Double-flowered gloxinia (Sinningia speciosa) cultivars with foliar variegation might have a greater market appeal as flowering foliage plants. Crosses were made among 16 gloxinia cultivars and their progenies were analyzed to determine the inheritance of leaf vein color, flower form, and floral symmetry. All plants from self-pollinating white-veined cultivars or crosses between white-veined and green-veined cultivars produced white veins. Progeny derived from self-pollinating plants of white-veined cultivars × green-veined cultivars segregated into a ratio of 3 white-veined:1 green-veined. All plants from self-pollinating or cross-pollinating single-flowered cultivars produced single flowers. Progeny of self-pollination or crosses between double-flowered cultivars segregated into a ratio of 3 double flowers:1 single flower. Contingency chi-square tests revealed that leaf vein color and flower form were inherited independently. New gloxinia progenies with homozygous white veins and double flowers were successfully developed from the F2 segregating population. Plants from self-pollinating or cross-pollinating cultivars with actinomorphic flowers produced actinomorphic flowers. A single dominant gene expressed in the homozygous or heterozygous state resulted in the zygomorphic flowers. Independent inheritance was observed between vein color and floral symmetry. Air spaces between the epidermis and the mesophyll cells were observed in the white, but not in the green, leaf vein portions. Net photosynthesis did not differ significantly between the white vein and adjacent green portion of the same leaf.

Florist gloxinia (Sinningia speciosa) is native to Brazil within the family Gesneriaceae. Gloxinia is a popular flowering potted plant grown for its fleshy, velvety leaves and large colorful flowers with various symmetries and forms. The wholesale value of potted gloxinia reached $500,000 in 2009 and 2014 (U.S. Department of Agriculture, 2021).

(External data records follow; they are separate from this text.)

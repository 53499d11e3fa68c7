-- ===== src/Decision/Magnitude/Value.antt =====
-- `MagnitudeValueCalculator` of src/decision/magnitude_policy.rs: the value of a coalition for a task,
-- over a cache of its own.
use koalisi.Common.{ℕ, ◌≡◌, refl, none, some, Option, List, [], ◌∷◌, inl, inr}
use koalisi.Common.Floats.{Floats}
use koalisi.Topology.Errors.{Attempt, done, failed}
use koalisi.Algorithms.Agents.{AgentCapabilities}
use koalisi.Decision.Magnitude.{Engine, relevant_masks, magnitude_or_zero}
use koalisi.Decision.Magnitude.Cache.{Guard, cached_base}
use koalisi.Decision.Magnitude.Typed.{
  TypedConfig, TypedSide, typed_relevant_masks, typed_magnitude_or_zero,
}
use koalisi.Decision.Magnitude.Coherence.{IsCoherent}
use koalisi.Decision.Magnitude.Contract.{IsIncremental, cached_base-exact}

module _ (floats : Floats) (engine : Engine floats) where
  open floats use {F64, of_nat, sub, div}
  open engine use {CatgraphError}

  -- `f64::NEG_INFINITY`, as 0 - 1 / 0
  abbrev pub worst : F64
  worst = sub (of_nat 0) (div (of_nat 1) (of_nat 0))

  pub record MagnitudeValueCalculator : Type 0 where
    pub required_capabilities : ℕ
    pub cache : Guard floats engine
    pub typed : Option (TypedConfig floats engine)

  abbrev pub or_worst : Attempt CatgraphError F64 → F64
  or_worst (done m) = m
  or_worst (failed e) = worst

  -- the typed arm, which has no cache
  unfoldable pub typed_value :
      TypedConfig floats engine → ℕ → Option (TypedSide floats engine) → F64
  typed_value cfg required none = worst
  typed_value cfg required (some side) =
      or_worst (typed_magnitude_or_zero floats engine side required cfg.rho)

  -- the cached arm, on the masks that matter
  unfoldable pub cached_value : ℕ → List ℕ → Guard floats engine → Guard floats engine × F64
  cached_value required [] guard = (guard, of_nat 0)
  cached_value required (mask ∷ masks) guard =
      let (guard', base) = cached_base floats engine required (mask ∷ masks) guard in
      (guard', or_worst base)

  unfoldable pub magnitude_value :
      MagnitudeValueCalculator → List AgentCapabilities → MagnitudeValueCalculator × F64
  unfolding typed_value cached_value
  magnitude_value c agents = elim c.typed [
    | some cfg ↦ (
      c,
      typed_value cfg c.required_capabilities
          (typed_relevant_masks floats engine agents c.required_capabilities cfg.roles),
    )
    | none ↦
        let (guard, value) =
          cached_value c.required_capabilities (relevant_masks agents c.required_capabilities)
            c.cache in
        (record c { cache = guard }, value)
  ]

  -- A coherent cache does not show in a value: it is the magnitude evaluated from scratch, or the
  -- least value where that evaluation fails.
  pub cached_value-fresh :
      (required : ℕ) (masks : List ℕ) (guard : Guard floats engine)
      → IsIncremental floats engine
      → IsCoherent floats engine guard
      → (cached_value required masks guard).1
        ≡ or_worst (magnitude_or_zero floats engine masks required)
  unfolding cached_value magnitude_or_zero
  cached_value-fresh required [] guard contract ok = refl
  cached_value-fresh required (m ∷ ms) guard contract ok =
      elim (cached_base-exact floats engine contract required (m ∷ ms) guard ok) [
        | inl ((e, h), (e', exact)) ↦ rw (h, exact) refl
        | inr (b, h, exact) ↦ rw (h, exact) refl
      ]
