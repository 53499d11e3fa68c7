-- ===== src/Decision/Threshold.antt =====
-- `ThresholdPolicy` of src/decision/mod.rs: a join or a leave by what an agent adds to the value of a
-- coalition. The value calculator is a function.
use koalisi.Common.{
  some, ◌≡◌, refl, ap, Bool, false, not, Bool-cases, inl, inr, List, [], ◌∷◌, ◌++◌, map, filter,
  contains, ◌==◌, ==_refl, if◌then◌else◌, arith,
}
use koalisi.Common.Floats.{Floats}
use koalisi.Algorithms.Agents.{AgentCapabilities}
use koalisi.Topology.Coalitions.{Decision, Policy}

-- `filter(|a| a.agent_id() != agent.agent_id())`
abbrev pub all_but : AgentCapabilities → List AgentCapabilities → List AgentCapabilities
all_but agent = filter (λ a. not (a.agent_id == agent.agent_id))

module _ (floats : Floats) where
  open floats use {F64, of_nat, sub, lt, le, is_finite}

  pub record ThresholdPolicy : Type 0 where
    pub calculator : List AgentCapabilities → F64
    pub join_threshold : F64
    pub leave_threshold : F64

  -- a decision on what an agent adds; nothing is done on a value that is not finite
  unfoldable pub judged : F64 → (F64 → Bool) → Decision F64
  judged marginal act =
      if is_finite marginal
      then record { act = act marginal; score = marginal }
      else record { act = false; score = of_nat 0 }

  unfoldable pub threshold_join :
      ThresholdPolicy → AgentCapabilities → List AgentCapabilities → Decision F64
  unfolding judged
  threshold_join p agent coalition =
      judged (sub (p.calculator (coalition ++ agent ∷ [])) (p.calculator coalition))
        (λ marginal. le p.join_threshold marginal)

  unfoldable pub threshold_leave :
      ThresholdPolicy → AgentCapabilities → List AgentCapabilities → Decision F64
  unfolding judged
  threshold_leave p agent coalition =
      judged (sub (p.calculator coalition) (p.calculator (all_but agent coalition)))
        (λ marginal. lt marginal p.leave_threshold)

  -- the policy as the coalition manager takes it; it has no panic of its own
  abbrev pub policy_of : ThresholdPolicy → Policy AgentCapabilities
  policy_of p = record {
    Score = F64;
    zero_score = of_nat 0;
    should_join = λ agent coalition. some (threshold_join p agent coalition);
    should_leave = λ agent coalition. some (threshold_leave p agent coalition);
  }

  all_but-append :
      (agent : AgentCapabilities) (coalition : List AgentCapabilities)
      → contains (map (λ a. a.agent_id) coalition) agent.agent_id ≡ false
      → all_but agent (coalition ++ agent ∷ []) ≡ coalition
  all_but-append agent [] new = rw (==_refl agent.agent_id) refl
  all_but-append agent (a ∷ coalition) new =
      let differs : (a.agent_id == agent.agent_id) ≡ false = ground (arith, new) in
      rw differs (ap (λ l. a ∷ l) (all_but-append agent coalition (ground (arith, new))))

  -- An agent that has joined a coalition is judged, when it asks to leave, by the same score as when
  -- it asked to join, as long as the members are the same.
  pub threshold_leave-threshold_join :
      (p : ThresholdPolicy) (agent : AgentCapabilities) (coalition : List AgentCapabilities)
      → contains (map (λ a. a.agent_id) coalition) agent.agent_id ≡ false
      → (threshold_leave p agent (coalition ++ agent ∷ [])).score
        ≡ (threshold_join p agent coalition).score
  unfolding threshold_leave threshold_join judged
  threshold_leave-threshold_join p agent coalition new =
      let marginal = sub (p.calculator (coalition ++ agent ∷ [])) (p.calculator coalition) in
      rw (all_but-append agent coalition new) (elim (Bool-cases (is_finite marginal)) [
        | inl finite ↦ rw finite refl
        | inr infinite ↦ rw infinite refl
      ])
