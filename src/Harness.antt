-- ===== src/Harness.antt =====
-- The battery harness (src/harness): the draws that its instances are made of.
pub mod Rng
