-- ===== src/Harness/Rng.antt =====
-- src/harness/rng.rs: the SplitMix64 stream and the permutation drawn from it.
pub mod Draws
use Prim.Native.Nat.{bit_xor}
use koalisi.Common.{ℕ, zero, suc, ◌+◌, ◌*◌, ◌/◌, ◌%◌, ◌^◌, List, [], ◌∷◌, swap_at}

pub record SplitMix64 : Type 0 where
  pub state : ℕ

-- the xor with the bits shifted to the right
abbrev pub xor_shift : ℕ → ℕ → ℕ
xor_shift z bits = bit_xor z (z / 2 ^ bits)

-- The additions and products wrap around.
unfoldable pub next_u64 : SplitMix64 → SplitMix64 × ℕ
next_u64 rng =
    let state : ℕ = (rng.state + 11400714819323198485) % 2 ^ 64 in
    let first : ℕ = (xor_shift state 30 * 13787848793156543929) % 2 ^ 64 in
    let second : ℕ = (xor_shift first 27 * 10723151780598845931) % 2 ^ 64 in
    (record { state = state }, xor_shift second 31)

-- The remainder, for a bound of one or more.
unfoldable pub below : ℕ → SplitMix64 → SplitMix64 × ℕ
below bound rng = let next = next_u64 rng in (next.0, next.1 % bound)

-- `0..n`
abbrev pub range : ℕ → ℕ → List ℕ
range first zero = []
range first (suc n) = first ∷ range (suc first) n

-- `for i in (1..n).rev()`: the positions from `i` down
unfoldable pub shuffle_each : ℕ → SplitMix64 → List ℕ → SplitMix64 × List ℕ
shuffle_each zero rng out = (rng, out)
shuffle_each (suc i) rng out =
    let draw = below (suc i + 1) rng in shuffle_each i draw.0 (swap_at (suc i) draw.1 out)

unfoldable pub permutation : SplitMix64 → ℕ → SplitMix64 × List ℕ
permutation rng zero = (rng, [])
permutation rng (suc n) = shuffle_each n rng (range 0 (suc n))
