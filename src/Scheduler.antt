-- ===== src/Scheduler.antt =====
-- The scheduler of src/ampa/scheduler.py: the state of the commands, and the record of a run. A
-- moment is a number of microseconds since the epoch, in place of the text that `_to_iso` writes
-- and `_from_iso` reads back.
pub mod Numbers
pub mod Start
pub mod Selection
pub mod Keys
pub mod Scan
pub mod Scores
pub mod Choice
pub mod Runs
pub mod Stale
mod Examples
use Prim.Native.String.{◌++◌ as append}
use ampa.Prelude.{
  ℕ, suc, ◌-◌, String, Bool, true, false, not, ◌&&◌, ◌||◌, List, [], ◌∷◌, ◌++◌, Option, none, some,
  if◌then◌else◌, Dict, lookup, insert, ltb, length, drop, ◌==◌, nonempty, str_eq, ℤ, pos, negsuc,
  eq_ℤ, ◌≡◌, refl, lookup-insert, Bool-cases, inl, inr,
}
use ampa.Text.{has_text}

-- The fields of `CommandSpec` that the scheduler reads.
pub record CommandSpec : Type 0 where
  pub command_id : String
  pub command : String
  pub requires_llm : Bool
  pub frequency_minutes : ℤ
  pub priority : ℤ
  pub command_type : String

-- The time from one moment to another, in microseconds.
abbrev pub elapsed : (later earlier : ℕ) → ℤ
elapsed later earlier =
    if ltb later earlier then negsuc (earlier - suc later) else pos (later - earlier)

-- `RunResult`; a `CommandRunResult` has an output too.
pub record Run : Type 0 where
  pub start_ts : ℕ
  pub end_ts : ℕ
  pub exit_code : ℤ
  pub output : Option String

pub record HistoryEntry : Type 0 where
  pub start_ts : ℕ
  pub end_ts : ℕ
  pub duration : ℤ
  pub exit_code : ℤ
  pub output : Option String

-- The state of a command. `running` says that the flag is `True`.
pub record CommandState : Type 0 where
  pub running : Bool
  pub last_start_ts : Option ℕ
  pub last_run_ts : Option ℕ
  pub last_duration : Option ℤ
  pub last_exit_code : Option ℤ
  pub last_output : Option String
  pub run_history : List HistoryEntry

abbrev pub no_state : CommandState
no_state = record {
  running = false;
  last_start_ts = none;
  last_run_ts = none;
  last_duration = none;
  last_exit_code = none;
  last_output = none;
  run_history = [];
}

pub record Store : Type 0 where
  pub commands : List CommandSpec
  pub states : Dict CommandState
  pub last_global_start : Option ℕ

abbrev or_no_state : Option CommandState → CommandState
or_no_state none = no_state
or_no_state (some st) = st

unfoldable pub get_state : String → Store → CommandState
unfolding lookup
get_state id store = or_no_state (lookup id store.states)

abbrev pub update_state : String → CommandState → Store → Store
update_state id st store = record store { states = insert id st store.states }

-- `history[-n:]`, which is the whole list for n = 0
unfoldable pub last_of : ℕ → List HistoryEntry → List HistoryEntry
last_of n entries = if n == 0 then entries else drop (length entries - n) entries

-- `_record_run`
unfoldable pub record_run :
    (max_run_history : ℕ) → CommandSpec → Run → (exit_code : ℤ) → Option String → Store → Store
unfolding get_state
record_run max_run_history spec run exit_code output store =
    let entry : HistoryEntry = record {
      start_ts = run.start_ts;
      end_ts = run.end_ts;
      duration = elapsed run.end_ts run.start_ts;
      exit_code = exit_code;
      output = output;
    } in
    update_state spec.command_id
      (record {
        running = false;
        last_start_ts = some run.start_ts;
        last_run_ts = some run.end_ts;
        last_duration = some (elapsed run.end_ts run.start_ts);
        last_exit_code = some exit_code;
        last_output = output;
        run_history =
            last_of max_run_history ((get_state spec.command_id store).run_history ++ entry ∷ []);
      })
      store

pub get_state-update_state :
    (id k : String) (st : CommandState) (store : Store)
    → get_state k (update_state id st store) ≡ (if str_eq id k then st else get_state k store)
unfolding get_state
get_state-update_state id k st store = elim (Bool-cases (str_eq id k)) [
  | inl same ↦ rw (lookup-insert id k st store.states, same) refl
  | inr other ↦ rw (lookup-insert id k st store.states, other) refl
]
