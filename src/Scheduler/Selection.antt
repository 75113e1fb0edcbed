-- ===== src/Scheduler/Selection.antt =====
-- `select_next` of src/ampa/scheduler.py with the scores of src/ampa/scheduler_executor.py, for any
-- floating-point numbers. Whether a language model answers is an argument.
use ampa.Prelude.{
  sort_by, ℕ, Bool, false, not, ◌&&◌, List, [], ◌∷◌, Option, none, some, if◌then◌else◌, map, keep,
  ℤ, pos, gt_ℤ,
}
use ampa.Scheduler.{CommandSpec, Store, get_state, elapsed}
use ampa.Scheduler.Numbers.{Floats, max_of, text_lt}

module _ (num : Floats) where
  pub record Config : Type 0 where
    pub priority_weight : num.Float
    pub global_min_interval_seconds : ℤ

  abbrev pub number : ℕ → num.Float
  number n = num.of_ℤ (pos n)

  abbrev pub desired_interval : CommandSpec → num.Float
  desired_interval spec =
      max_of num (number 1) (num.times (num.of_ℤ spec.frequency_minutes) (number 60))

  abbrev pub time_since_last : ℕ → Option ℕ → num.Float
  time_since_last now none = num.timestamp now
  time_since_last now (some last_run) = num.seconds (elapsed now last_run)

  abbrev pub lateness : CommandSpec → ℕ → Option ℕ → num.Float
  lateness spec now last_run = num.minus (time_since_last now last_run) (desired_interval spec)

  abbrev pub normalized_lateness : CommandSpec → ℕ → Option ℕ → num.Float
  normalized_lateness spec now last_run =
      max_of num (num.over (lateness spec now last_run) (desired_interval spec)) (number 0)

  abbrev pub priority_factor : num.Float → CommandSpec → num.Float
  priority_factor weight spec =
      num.add (number 1) (num.times (max_of num weight (number 0)) (num.of_ℤ spec.priority))

  -- A tuple `(score, normalized, spec)`.
  pub record Scored : Type 0 where
    pub score : num.Float
    pub normalized : num.Float
    pub spec : CommandSpec

  unfoldable pub score_command : Config → ℕ → Option ℕ → CommandSpec → Scored
  score_command config now last_run spec =
      let normalized = normalized_lateness spec now last_run in
      record {
        score = num.times normalized (priority_factor config.priority_weight spec);
        normalized = normalized;
        spec = spec;
      }

  -- `<` on the sort keys `(score, normalized, command_id)`
  unfoldable pub key_lt : Scored → Scored → Bool
  unfolding text_lt
  key_lt a b =
      if num.eq a.score b.score
      then (if num.eq a.normalized b.normalized
          then text_lt a.spec.command_id b.spec.command_id
          else num.lt a.normalized b.normalized)
      else num.lt a.score b.score

  -- `scored.sort(key=..., reverse=True)`: the greatest key first.
  abbrev pub stands_before : Scored → Scored → Bool
  stands_before a b = key_lt b a

  unfoldable pub sort_reversed : List Scored → List Scored
  unfolding sort_by key_lt
  sort_reversed xs = sort_by stands_before xs

  unfoldable pub is_eligible : Store → (llm_available : Bool) → CommandSpec → Bool
  unfolding get_state
  is_eligible store llm_available spec =
      gt_ℤ spec.frequency_minutes 0
      && not (spec.requires_llm && not llm_available)
      && not (get_state spec.command_id store).running

  unfoldable pub eligible_commands :
      Store → (llm_available : Bool) → List CommandSpec → List CommandSpec
  eligible_commands store llm_available commands = keep (is_eligible store llm_available) commands

  abbrev since_start : Config → ℕ → Option ℕ → Bool
  since_start config now none = false
  since_start config now (some last_start) =
      num.lt (num.seconds (elapsed now last_start)) (num.of_ℤ config.global_min_interval_seconds)

  unfoldable pub global_rate_limited : Config → ℕ → Store → Bool
  global_rate_limited config now store = since_start config now store.last_global_start

  abbrev pub scored_of : Config → ℕ → Store → CommandSpec → Scored
  scored_of config now store spec =
      score_command config now (get_state spec.command_id store).last_run_ts spec

  -- The first of the sorted list, unless its score is zero or less.
  abbrev pub first_positive : List Scored → Option CommandSpec
  first_positive [] = none
  first_positive (best ∷ rest) = if num.le best.score (number 0) then none else some best.spec

  unfoldable pub select_next : Config → (llm_available : Bool) → ℕ → Store → Option CommandSpec
  unfolding global_rate_limited eligible_commands sort_reversed
  select_next config llm_available now store =
      if global_rate_limited config now store
      then none
      else first_positive (
          sort_reversed (
            map (scored_of config now store)
              (eligible_commands store llm_available store.commands)))
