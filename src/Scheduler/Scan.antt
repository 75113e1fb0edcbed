-- ===== src/Scheduler/Scan.antt =====
-- The sort of the scored commands, against one scan for the greatest.
use ampa.Prelude.{
  ℕ, Bool, List, [], ◌∷◌, Option, none, some, if◌then◌else◌, map, ◌≡◌, refl, ap, ◌∙◌, first, best,
  first-sort,
}
use ampa.Scheduler.{CommandSpec, Store}
use ampa.Scheduler.Numbers.{Floats}
use ampa.Scheduler.Selection.{
  Config, Scored, number, stands_before, sort_reversed, eligible_commands, global_rate_limited,
  scored_of, first_positive, select_next,
}

module _ (num : Floats) where
  -- The greatest of a list by one scan, the first of those that are equal.
  abbrev pub greatest : List (Scored num) → Option (Scored num)
  greatest xs = best (stands_before num) xs

  abbrev pub spec_if_positive : Option (Scored num) → Option CommandSpec
  spec_if_positive none = none
  spec_if_positive (some best) = if num.le best.score (number num 0) then none else some best.spec

  first_positive_lem :
      (xs : List (Scored num)) → first_positive num xs ≡ spec_if_positive (first xs)
  first_positive_lem [] = refl
  first_positive_lem (x ∷ xs) = refl

  module _ (config : Config num) (llm_available : Bool) (now : ℕ) (store : Store) where
    abbrev pub candidates : List (Scored num)
    candidates =
        map (scored_of num config now store)
          (eligible_commands num store llm_available store.commands)

    -- The sort and the choice of its first element are one scan for the greatest key: the choice is
    -- the first among the commands with the greatest key, where the score of that one is positive.
    pub select_next_scan : select_next num config llm_available now store ≡ (
        if global_rate_limited num config now store
        then none
        else spec_if_positive (greatest candidates))
    unfolding select_next sort_reversed
    select_next_scan =
        ap
          (λ (o : Option CommandSpec). if global_rate_limited num config now store then none else o)
          (first_positive_lem (sort_reversed num candidates)
            ∙ ap spec_if_positive (first-sort (stands_before num) candidates))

Depending on the cultivar, gloxinia have zygomorphic or actinomorphic flowers (Zaitlin, 2012). Actinomorphic floral symmetry is controlled by a recessive allele (cc), whereas a single dominant gene expressed in the homozygous (CC) or heterozygous (Cc) state results in zygomorphic floral symmetry (Hsu et al., 2017). The flower form is controlled by one single nuclear locus with two alleles, and that double flower is dominant over single flowers. The double-flowered heterozygote occasionally has markedly fewer petals than the double-flowered homozygote of gloxinia (Clayberg, 1975; Shalit, 2000). Double-flowered gloxinia cultivars with white leaf veins are commercially desirable but are currently rare.

Inheritance of foliar variegation has been studied in several genera of foliage plants such as aglaonema (Aglaonema sp.), caladium (Caladium sp.), and dieffenbachia (Dieffenbachia sp.), but not in the Gesneriaceae family. The presence of foliar variegation in aglaonema and dieffenbachia is dominant in nonvariegation (Henny and Chen, 2010). Inheritance of the white foliar midrib is controlled by a single dominant nuclear gene in three dieffenbachia cultivars (Henny, 1983). A single dominant allele determines the presence of silver–grey stripes overlaying the leaf veins in aglaonema cultivars (Henny, 1986). A single locus with three alleles determines the main vein color in caladium cultivars. The locus has been designated as V and the order of dominance is Vr (red vein) > Vw (white vein) > Vg (green vein) (Deng and Harbaugh, 2006). No information regarding the inheritance of the white vein in gloxinia is currently available.

Four mechanisms of foliar variegation have been identified by Hara (1957), namely, chlorophyll type, pigment type, air space type, and epidermis type. Most foliar variegation can be characterized into two basic categories. True variegation is demonstrated by leaves with areas of little or no chlorophyll (Aluru et al., 2001; Wang et al., 2018) or pigmentation (Hughes et al., 2014; Pao et al., 2020). Other types of variegation are caused in part, by anatomical features such as trichomes, scales, or air spaces between the upper epidermis and mesophyll cells (Sheue et al., 2012). Leaf coloration and variegation may alter photosynthetic efficiency. The variegation of Aglaonema nitidum ‘Curtisii’ is caused by the presence of air spaces, and such variegation is unavailable for photosynthesis (Fooshee and Henny, 1990). In contrast, the maximum quantum yield of photosystem II, as measured by Fv/Fm, does not differ significantly between the light and green areas in the air space type of variegated begonia such as B. formosana, B. diadema, and B. pustulata (Sheue et al., 2012). The mechanism of the white vein and comparative photosynthesis between the white and green leaf portions of gloxinia remain unclear.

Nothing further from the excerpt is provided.